Существует ли любовь с первого взгляда? Я не очень верю в любовь со второго. Это, конечно, не значит, что, увидев женщину, ты либо должен в нее тут же влюбиться, либо она тебя уже никогда не заинтересует (хотя чаще всего случается именно так). Но взгляд, открывающий ту, без которой ты не можешь жить, — всегда первый, потому что он вдруг (непременно “вдруг”) обнажает сущность бытия. Это — озарение. Это — открытие мира.
Любовь — чувство странное. Если оно есть, то ты просто не можешь представить, как без него можно жить, потому что жизнь без него не имеет ни вкуса, ни запаха, как дистиллированная вода. Если его нет, ты просто не представляешь, о чем вообще идет речь и к чему все эти бессмысленные слезы, охи, ожиданья, придыханья и прочая ерунда, не имеющая отношения ни к слову, ни к делу.

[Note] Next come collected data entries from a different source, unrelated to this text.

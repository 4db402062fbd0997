-- ===== src/Graph/Drain.antt =====
-- libraries/dbal/production/src/workflow/wf_graph_order.cpp: the loop over the queue, to its end.
use Prim.{Unit, tt}
use dbal.Prelude.{
  ℕ, zero, suc, ◌+◌, ◌≤◌, ◌≡◌, refl, sym, ◌∙◌, subst, String, Bool, true, false, ◌||◌, List, [],
  ◌∷◌, ◌++◌, eq_iff, eq_refl, length, arith, Member,
}
use dbal.Prelude.Int.{ℤ}
use dbal.Prelude.Texts.{holds}
use dbal.Map.{Map}
use dbal.Graph.{Edge, is_known, successors, relax, drain}
use dbal.Graph.Distinct.{IsDistinct, IsDistinct-length, holds-append}
use dbal.Graph.Pending.{
  pending, targets, occurrences, pending-append_one, pending-zero, append_assoc, append_nil,
}
use dbal.Graph.Relax.{IsState, IsState-agree, relax-IsState}

module _ (keys : List String) (edges : List Edge) where
  -- In the order that goes on behind `seen`, each node stands behind the sources of its known edges.
  abbrev pub IsTopological : List String → List String → Type 0
  IsTopological seen [] = Unit
  IsTopological seen (v ∷ rest) =
      ((u : String) → Member (u, v) edges → is_known keys (u, v) ≡ true → holds u seen ≡ true)
      × IsTopological (seen ++ v ∷ []) rest

  -- The queue after the nodes in `seen` were ordered.
  abbrev pub IsQueue : List String → List String → Map ℤ → Type 0
  IsQueue seen ready indegree = IsState keys (seen ++ ready) (pending keys edges seen) indegree

  -- Where nothing is ready, the nodes that are reached are those that were ordered.
  abbrev pub IsDone : List String → Map ℤ → Type 0
  IsDone ordered indegree = IsState keys ordered (pending keys edges ordered) indegree

  targets-known :
      (es : List Edge) (key v : String) → holds v (targets keys es key) ≡ true → holds v keys ≡ true
  unfolding targets holds
  targets-known [] key v h = absurd (cc h)
  targets-known ((from, to) ∷ es) key v h = ground (arith, targets-known es key v, eq_iff to v)

  -- What stands in front of a key is not the key.
  front :
      (seen ready : List String) (key : String)
      → IsDistinct (seen ++ key ∷ ready)
      → holds key seen ≡ false
  unfolding holds
  front [] ready key d = refl
  front (x ∷ seen) ready key d = ground (
    arith,
    front seen ready key d.1,
    holds-append x seen (key ∷ ready),
    eq_iff x key,
    eq_refl key,
  )

  first_of : (key : String) (b : Bool) (ready : List String) → (b || holds key (key ∷ ready)) ≡ true
  unfolding holds
  first_of key b ready = rw (eq_refl key) (ground arith)

  length-append : (xs ys : List String) → length (xs ++ ys) ≡ length xs + length ys
  length-append [] ys = omega arith
  length-append (x ∷ xs) ys = omega (arith, length-append xs ys)

  module _ (out : Map (List String))
      (linked : (key : String) → successors out key ≡ targets keys edges key) where
    -- One round of the loop.
    round-IsQueue :
        (seen ready : List String) (key : String) (indegree : Map ℤ)
        → IsQueue seen (key ∷ ready) indegree
        → IsQueue
            (seen ++ key ∷ [])
            (relax (successors out key) ready indegree).0
            (relax (successors out key) ready indegree).1
    round-IsQueue seen ready key indegree st = rw (linked key) (
        relax-IsState keys (seen ++ key ∷ []) (targets keys edges key)
          (pending keys edges (seen ++ key ∷ [])) ready indegree
          (λ v h. targets-known edges key v h)
          (subst
            (λ (l : List String).
              IsState keys l
                (λ v.
                  pending keys edges (seen ++ key ∷ []) v + occurrences v (targets keys edges key))
                indegree)
            (sym (append_assoc seen (key ∷ []) ready))
            (IsState-agree keys (seen ++ key ∷ ready) (pending keys edges seen) _ indegree
              (λ v. pending-append_one keys edges seen key v (front seen ready key st.distinct))
              st)))

    nothing_ready :
        (seen : List String) (indegree : Map ℤ)
        → IsQueue seen [] indegree
        → IsDone (seen ++ []) indegree
    nothing_ready seen indegree st =
        subst (λ (l : List String). IsState keys (seen ++ []) (pending keys edges l) indegree)
          (sym (append_nil seen)) st

    -- With fuel for the keys that are not ordered yet, the loop ends with nothing ready, and each
    -- node stands behind the sources of its edges.
    pub drain-IsDone :
        (fuel : ℕ) (seen ready : List String) (indegree : Map ℤ)
        → length keys ≤ fuel + length seen
        → IsQueue seen ready indegree
        → (end : Map ℤ) × IsDone (seen ++ drain fuel out ready indegree) end
          × IsTopological seen (drain fuel out ready indegree)
    unfolding drain
    drain-IsDone zero seen [] indegree enough st = (indegree, nothing_ready seen indegree st, tt)
    drain-IsDone zero seen (key ∷ ready) indegree enough st =
        let few = IsDistinct-length (seen ++ key ∷ ready) keys st.distinct st.inside in
        let count = length-append seen (key ∷ ready) in absurd (omega arith)
    drain-IsDone (suc fuel) seen [] indegree enough st =
        (indegree, nothing_ready seen indegree st, tt)
    drain-IsDone (suc fuel) seen (key ∷ ready) indegree enough st =
        let count = length-append seen (key ∷ []) in
        let next = relax (successors out key) ready indegree in
        let (end, done, order) =
          drain-IsDone fuel (seen ++ key ∷ []) next.0 next.1 (omega arith)
            (round-IsQueue seen ready key indegree st) in
        let reached : holds key (seen ++ key ∷ ready) ≡ true =
          holds-append key seen (key ∷ ready) ∙ first_of key (holds key seen) ready in
        (
          end,
          subst (λ (l : List String). IsDone l end)
              (append_assoc seen (key ∷ []) (drain fuel out next.0 next.1)) done,
          ((λ u m k. pending-zero keys edges seen u key (st.free key reached) m k), order),
        )
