-- ===== src/Graph/Forms.antt =====
-- libraries/dbal/production/src/workflow/wf_graph_order.cpp: the workflow that a form's submission
-- runs. A row is a JSON value: what `isPublished` and `formName` hold are functions of it, `none` for
-- a field that is missing or of another type.
use dbal.Prelude.{
  String, Bool, true, false, not, ◌&&◌, Option, none, some, List, [], ◌∷◌, str_eq, is_empty,
  value_or, if◌then◌else◌,
}

module _ {Row : Type 0} (is_published : Row → Option Bool) (form_name : Row → Option String) where
  abbrev pub unpublished : Option Bool → Bool
  unpublished none = false
  unpublished (some b) = not b

  abbrev pub is_draft : Row → Bool
  is_draft row = unpublished (is_published row)

  abbrev pub form_name_of : Row → String
  form_name_of row = value_or (form_name row) ""

  -- The test for the form, and the one for a row that names none.
  abbrev pub is_exact : String → Row → Bool
  is_exact form row = not (is_empty (form_name_of row)) && str_eq (form_name_of row) form

  abbrev pub keep_first : Option Row → Row → Option Row
  keep_first none row = some row
  keep_first (some first) row = some first

  -- The loop, from the row without a form that it has kept.
  unfoldable pub best_from : String → Option Row → List Row → Option Row
  best_from form any_form [] = any_form
  best_from form any_form (row ∷ rows) = elim (is_draft row) [
    | true ↦ best_from form any_form rows
    | false ↦ elim (is_exact form row) [
      | true ↦ some row
      | false ↦ elim (is_empty (form_name_of row)) [
        | true ↦ best_from form (keep_first any_form row) rows
        | false ↦ best_from form any_form rows
      ]
    ]
  ]

  -- `none` is the JSON null.
  unfoldable pub best_for_form : List Row → String → Option Row
  unfolding best_from
  best_for_form rows form = best_from form none rows

  -- The first row that passes a test.
  abbrev pub first_where : (Row → Bool) → List Row → Option Row
  first_where p [] = none
  first_where p (row ∷ rows) = if p row then some row else first_where p rows

  -- The first of two that is there.
  abbrev pub or_first : Option Row → Option Row → Option Row
  or_first none o = o
  or_first (some row) o = some row

  abbrev pub serves_form : String → Row → Bool
  serves_form form row = not (is_draft row) && is_exact form row

  abbrev pub serves_any : Row → Bool
  serves_any row = not (is_draft row) && is_empty (form_name_of row)
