-- ===== src/Graph/Order.antt =====
-- libraries/dbal/production/src/workflow/wf_graph_order.cpp: the order of the nodes of a workflow.
use dbal.Prelude.{
  ℕ, zero, suc, ◌+◌, ◌<◌, ◌≡◌, refl, sym, ap, ◌∙◌, subst, String, true, false, List, [], ◌∷◌,
  str_eq, eq_iff, length, arith, Bool-cases, inl, inr, Member, ◌==◌, ==_iff,
}
use dbal.Prelude.Int.{ℤ, pos}
use dbal.Prelude.Texts.{holds}
use dbal.Map.{Map, lookup}
use dbal.Graph.{
  Edge, Links, is_known, is_zero, successors, degree, no_degrees, add_edges, sources, or_given,
  ordered_from, topological_order,
}
use dbal.Graph.Distinct.{IsDistinct, IsDistinct-length, IsDistinct-all}
use dbal.Graph.Pending.{
  pending, pending-none, targets, degree-no_degrees, degree-add_edges, successors-add_edges,
}
use dbal.Graph.Drain.{IsTopological, IsQueue, IsDone, drain-IsDone}

-- The same keys, each once.
pub record IsPermutation (keys order : List String) : Type 0 where
  pub each_once : IsDistinct order
  pub holds_all : (v : String) → holds v keys ≡ true → holds v order ≡ true
  pub holds_only : (v : String) → holds v order ≡ true → holds v keys ≡ true

-- The ranks grow along the known edges, so that they form no cycle.
abbrev pub AreRanks : List String → List Edge → (String → ℕ) → Type 0
AreRanks keys edges rank =
    (u v : String) → Member (u, v) edges → is_known keys (u, v) ≡ true → rank u < rank v

module _ (indegree : Map ℤ) where
  sources-free :
      (keys : List String) (v : String)
      → holds v (sources keys indegree) ≡ true
      → (holds v keys ≡ true) × (is_zero (degree indegree v) ≡ true)
  unfolding sources holds
  sources-free [] v h = absurd (cc h)
  sources-free (key ∷ keys) v h = elim (Bool-cases (is_zero (degree indegree key))) [
    | inr e ↦ let (a, b) = sources-free keys v (rw e at h) in (ground arith, b)
    | inl e ↦
        let h' = rw e at h in
        elim (Bool-cases (str_eq key v)) [
          | inl same ↦ (
            rw same refl,
            subst (λ (k : String). is_zero (degree indegree k) ≡ true) ((eq_iff key v).0 same) e,
          )
          | inr other ↦ let (a, b) = sources-free keys v (rw other at h') in (ground arith, b)
        ]
  ]

  sources_complete :
      (keys : List String) (v : String)
      → holds v keys ≡ true
      → is_zero (degree indegree v) ≡ true
      → holds v (sources keys indegree) ≡ true
  unfolding sources holds
  sources_complete [] v h z = absurd (cc h)
  sources_complete (key ∷ keys) v h z = elim (Bool-cases (str_eq key v)) [
    | inl same ↦
        let at_key : is_zero (degree indegree key) ≡ true =
          subst (λ (k : String). is_zero (degree indegree k) ≡ true) (sym ((eq_iff key v).0 same))
            z in
        rw at_key (rw same refl)
    | inr other ↦
        let later = sources_complete keys v (rw other at h) z in
        elim (Bool-cases (is_zero (degree indegree key))) [
          | inl e ↦ rw e (rw other later)
          | inr e ↦ rw e later
        ]
  ]

  sources-missing :
      (keys : List String) (v : String)
      → holds v keys ≡ false
      → holds v (sources keys indegree) ≡ false
  sources-missing keys v h = elim (Bool-cases (holds v (sources keys indegree))) [
    | inr e ↦ e
    | inl e ↦ absurd (cc ((sources-free keys v e).0, h))
  ]

  sources-IsDistinct : (keys : List String) → IsDistinct keys → IsDistinct (sources keys indegree)
  unfolding sources holds
  sources-IsDistinct [] d = d
  sources-IsDistinct (key ∷ keys) d = elim (Bool-cases (is_zero (degree indegree key))) [
    | inr e ↦ rw e (sources-IsDistinct keys d.1)
    | inl e ↦ rw e (sources-missing keys key d.0, sources-IsDistinct keys d.1)
  ]

module _ (keys : List String) (edges : List Edge) (distinct : IsDistinct keys) where
  built : Links
  built = add_edges keys edges ([], no_degrees keys [])

  built-degree : (v : String) → degree built.1 v ≡ pos (pending keys edges [] v)
  unfolding built degree lookup
  built-degree v =
      degree-add_edges keys edges ([], no_degrees keys []) v 0 (degree-no_degrees keys [] v refl)
      ∙ ap (λ (k : ℕ). pos k) (omega arith)

  built-successors : (key : String) → successors built.0 key ≡ targets keys edges key
  unfolding built successors lookup
  built-successors key = successors-add_edges keys edges ([], no_degrees keys []) key

  zero_degree : (v : String) → is_zero (degree built.1 v) ≡ true → pending keys edges [] v ≡ 0
  zero_degree v h = let h' = rw (built-degree v) at h in (==_iff (pending keys edges [] v) 0).0 h'

  -- The queue of the nodes without edges.
  sources-IsQueue : IsQueue keys edges [] (sources keys built.1) built.1
  sources-IsQueue = record {
    counts = built-degree;
    free = λ v h. zero_degree v (sources-free built.1 keys v h).1;
    complete = λ v h z.
        sources_complete built.1 keys v h
          (rw (built-degree v) ((==_iff (pending keys edges [] v) 0).1 z));
    distinct = sources-IsDistinct built.1 keys distinct;
    inside = λ v h. (sources-free built.1 keys v h).0;
  }

  drained : List String
  drained = ordered_from keys built

  -- The nodes that the loop orders.
  drained-IsDone :
      (end : Map ℤ) × IsDone keys edges drained end × IsTopological keys edges [] drained
  unfolding drained built
  drained-IsDone =
      drain-IsDone keys edges built.0 built-successors (length keys + length keys) []
        (sources keys built.1) built.1 (omega arith) sources-IsQueue

  topological_order-drained : topological_order keys edges ≡ or_given keys drained
  unfolding topological_order drained built
  topological_order-drained = refl

  keys-IsPermutation : IsPermutation keys keys
  keys-IsPermutation = record { each_once = distinct; holds_all = λ v h. h; holds_only = λ v h. h }

  -- Also where edges form a cycle, the order of distinct keys has each of them once.
  pub topological_order-IsPermutation : IsPermutation keys (topological_order keys edges)
  topological_order-IsPermutation =
      let (end, done, order) = drained-IsDone in
      rw topological_order-drained (elim (Bool-cases (length drained == length keys)) [
        | inr e ↦ rw e keys-IsPermutation
        | inl e ↦
            let same = (==_iff (length drained) (length keys)).0 e in
            rw e (record {
              each_once = done.distinct;
              holds_all =
                  λ v h. IsDistinct-all drained keys done.distinct done.inside (omega arith) v h;
              holds_only = done.inside;
            })
      ])

  -- With ranks, a key is ordered as soon as those of lower ranks are.
  ranked :
      (rank : String → ℕ) (ranks : AreRanks keys edges rank) (n : ℕ) (v : String)
      → rank v < n
      → holds v keys ≡ true
      → holds v drained ≡ true
  ranked rank ranks zero v below h = absurd (omega arith)
  ranked rank ranks (suc n) v below h =
      let (end, done, order) = drained-IsDone in
      done.complete v h (
        pending-none keys edges drained v (λ u m k.
          let lower = ranks u v m k in ranked rank ranks n u (omega arith) (ground arith)))

  -- Where the known edges form no cycle, so that there are ranks that grow along them, the order of
  -- distinct keys has each of them once, and each behind the sources of its known edges.
  pub topological_order-IsTopological :
      (rank : String → ℕ)
      → AreRanks keys edges rank
      → IsPermutation keys (topological_order keys edges)
        × IsTopological keys edges [] (topological_order keys edges)
  topological_order-IsTopological rank ranks =
      let (end, done, order) = drained-IsDone in
      let all = λ (v : String) (h : holds v keys ≡ true).
        ranked rank ranks (suc (rank v)) v (omega arith) h in
      let long = IsDistinct-length keys drained distinct all in
      let short = IsDistinct-length drained keys done.distinct done.inside in
      let e : (length drained == length keys) ≡ true =
        (==_iff (length drained) (length keys)).1 (omega arith) in
      (topological_order-IsPermutation, rw topological_order-drained (rw e order))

Мужчина, чье сердце не было разбито любовью к женщине, ненастоящий мужчина. Чего-то главного он лишен. Чего-то не знает. Хотя вспомнить, как это было и почему случилось, очень трудно. Часто невозможно. Ты смотришь на женщину, от одной мысли о которой у тебя темнело в глазах, и не понимаешь, что же это было. Помешательство какое-то.
Когда ты любишь, ты не способен к анализу. А когда анализируешь, всегда анализируешь пустоту. Перебираешь какие-то отрывки, фрагменты — какую-то рвань, когда-то бывшую льющимся шелком, нежным, как внутренняя поверхность ее бедер.
Ты берешься реконструировать, но у тебя нет для этого материала.
Поэтому так трудно писать о любви.
Поэтому, когда писатель хочет что-то сказать о любви, он говорит не о любви, а о влюбленных, о том, как Ромео зарезал Тибальта, а потом очень расстроился, и полез к Джульетте в спальню через балкон, и в конце концов не придумал ничего умнее, чем тяпнуть ядку за упокой живой возлюбленной. Это все, конечно, поучительно, но это лишь внешняя рябь событий, за которой надежно спрятано то, что люди называют любовью.
Писать о любви трудно еще и потому, что ты должен высветить что-то настолько глубоко личное, интимное, что делается страшно. Ты — рак без панциря и должен спокойно согласиться, что тебя съедят друзья твои раки. Как бы ты ни изворачивался — вроде это и не про тебя, и вообще здесь действуют не “я” и “ты”, а “он” и “она”, но чужого опыта любви не бывает — бывает или собственный, или никакого. И если начать придумывать, то фальшь станет очевидна уже на втором слове. А может, на первом или вообще до всяких слов.